|Real-time Estimate - 06/17 10:44:16 pm|
Shares falter again, but Asia poised to end October with near 4% gain
|10/30/2020 | 12:30am|
(Adds European futures, updates prices throughout)
* MSCI ex-Japan down for third day in a row
* MSCI ex-Japan set for 1st weekly loss since late-Sept
* Eyes on U.S. presidential election, rising COVID cases
SYDNEY, Oct 30 (Reuters) - A gauge of Asian shares fell for a third straight session on Friday as jitters over next week's U.S. presidential election and a shaky global economic outlook enveloped markets.
E-Mini futures for S&P500 skidded 1.5%, a signal Wall Street would open in the red later in the day.
In early European trade, the pan-region Euro Stoxx 50 futures were down 0.4%, German DAX futures slipped 0.3% while London's FTSE futures were a shade weaker.
MSCI's broadest index of Asia-Pacific shares outside of Japan was last down 0.1%, on track to the end the week 1.1% lower after four straight weeks of gains.
Still, the index has risen 3.8% in October so far, and analysts expect this broader outperformance to extend further.
"For a crisis of this scale, Asian equities have performed remarkably well," Citi analysts wrote in a note.

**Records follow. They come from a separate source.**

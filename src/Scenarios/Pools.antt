-- ===== src/Scenarios/Pools.antt =====
-- The theorems on the pool of workers at a concrete run.
use queue_ctl.Prelude.{
  ◌≡◌, refl, [], count_rows, find_row, update_rows, where_rows, order_by, insert_row,
}
use queue_ctl.Prelude.Int.{pos, ◌≤ℤ◌, ◌-ℤ◌}
use queue_ctl.Domain.Errors.{ok}
use queue_ctl.Domain.Worker as Worker
use queue_ctl.Domain.Worker.{idle, worker_status_eq}
use queue_ctl.Domain.Job.{status_eq}
use queue_ctl.Domain.Clocked.{new_worker, set_status}
use queue_ctl.Store.{World, now, new_id, driver_call}
use queue_ctl.Repository.Jobs as Jobs
use queue_ctl.Repository.Jobs.{is_listed, listed_before}
use queue_ctl.Repository.Workers as Workers
use queue_ctl.Service.Queue.{register_worker}
use queue_ctl.Service.Reclaim.{reclaim_all, reclaim_orphaned_jobs}
use queue_ctl.Pool.{Pool, start, poll_and_dispatch}
use queue_ctl.Pool.Steps.{PoolRun, polls, stop, next}
use queue_ctl.Pool.Bound.{holders, start-bound}
use queue_ctl.Scenarios.Sample.{calm_env, sample_settings, waiting_world}

abbrev pub fresh_pool : Pool
fresh_pool = record {
  id = "id-0";
  queue = "default";
  capacity = 2;
  slots = 0;
  node = record {
    id = "id-0";
    hostname = "host";
    queue = "default";
    concurrency = pos 2;
    status = idle;
    started_at = pos 1000;
    last_heartbeat = pos 1001;
  };
  tasks = [];
}

pub start_runs : (start calm_env sample_settings "host" "" (pos 2) waiting_world).0 ≡ ok fresh_pool
unfolding start new_id new_worker set_status now register_worker Worker.validate Workers.upsert
    Workers.upserted driver_call reclaim_orphaned_jobs reclaim_all Workers.prune_stale
    Jobs.list_jobs is_listed listed_before status_eq worker_status_eq ◌-ℤ◌ count_rows update_rows
    where_rows order_by insert_row find_row
start_runs = refl

abbrev pub started_world : World
started_world = (start calm_env sample_settings "host" "" (pos 2) waiting_world).1

abbrev pub poll : Pool × World
poll = poll_and_dispatch calm_env fresh_pool started_world

-- One poll after the start.
abbrev one_poll : PoolRun calm_env sample_settings fresh_pool started_world poll.0 poll.1
one_poll =
    next fresh_pool poll.0 poll.0 started_world poll.1 poll.1 (polls fresh_pool started_world)
      (stop poll.0 poll.1)

start-bound_example : (poll.0.slots ≡ holders poll.0.tasks) × (pos poll.0.slots ≤ℤ pos 2)
start-bound_example =
    start-bound calm_env sample_settings "host" "" (pos 2) waiting_world start_runs one_poll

"Within the region, markets with a higher weighting of technology stocks or where the recovery has become more entrenched have outperformed," they added.
"This solid performance can continue, in our view. Valuations are reasonable for an early stage of a recovery while liquidity is generous. There has also been a perceptible drop in volatility in recent months."
The mood on Friday was less positive, though.
Australia's ASX 200 fell 0.5% and New Zealand's benchmark index faltered nearly 1%. Japan's Nikkei slipped 0.85% and was set for its biggest weekly loss in more than two months.
Chinese shares, which had started marginally higher, eased too with the blue-chip index off 0.1%.
Record numbers of coronavirus cases worldwide and the Nov. 3 U.S. presidential election remained the major focus for investors. On Wednesday, global coronavirus cases rose by over 500,000 for the first time, with France and Germany prepping fresh lockdowns.
The falls in Asia occurred despite a solid session on Wall Street overnight, which was helped by a diet of strong quarterly reports from tech giants and data showing the U.S. economy grew at a record annualised pace of 33.1% in the third quarter.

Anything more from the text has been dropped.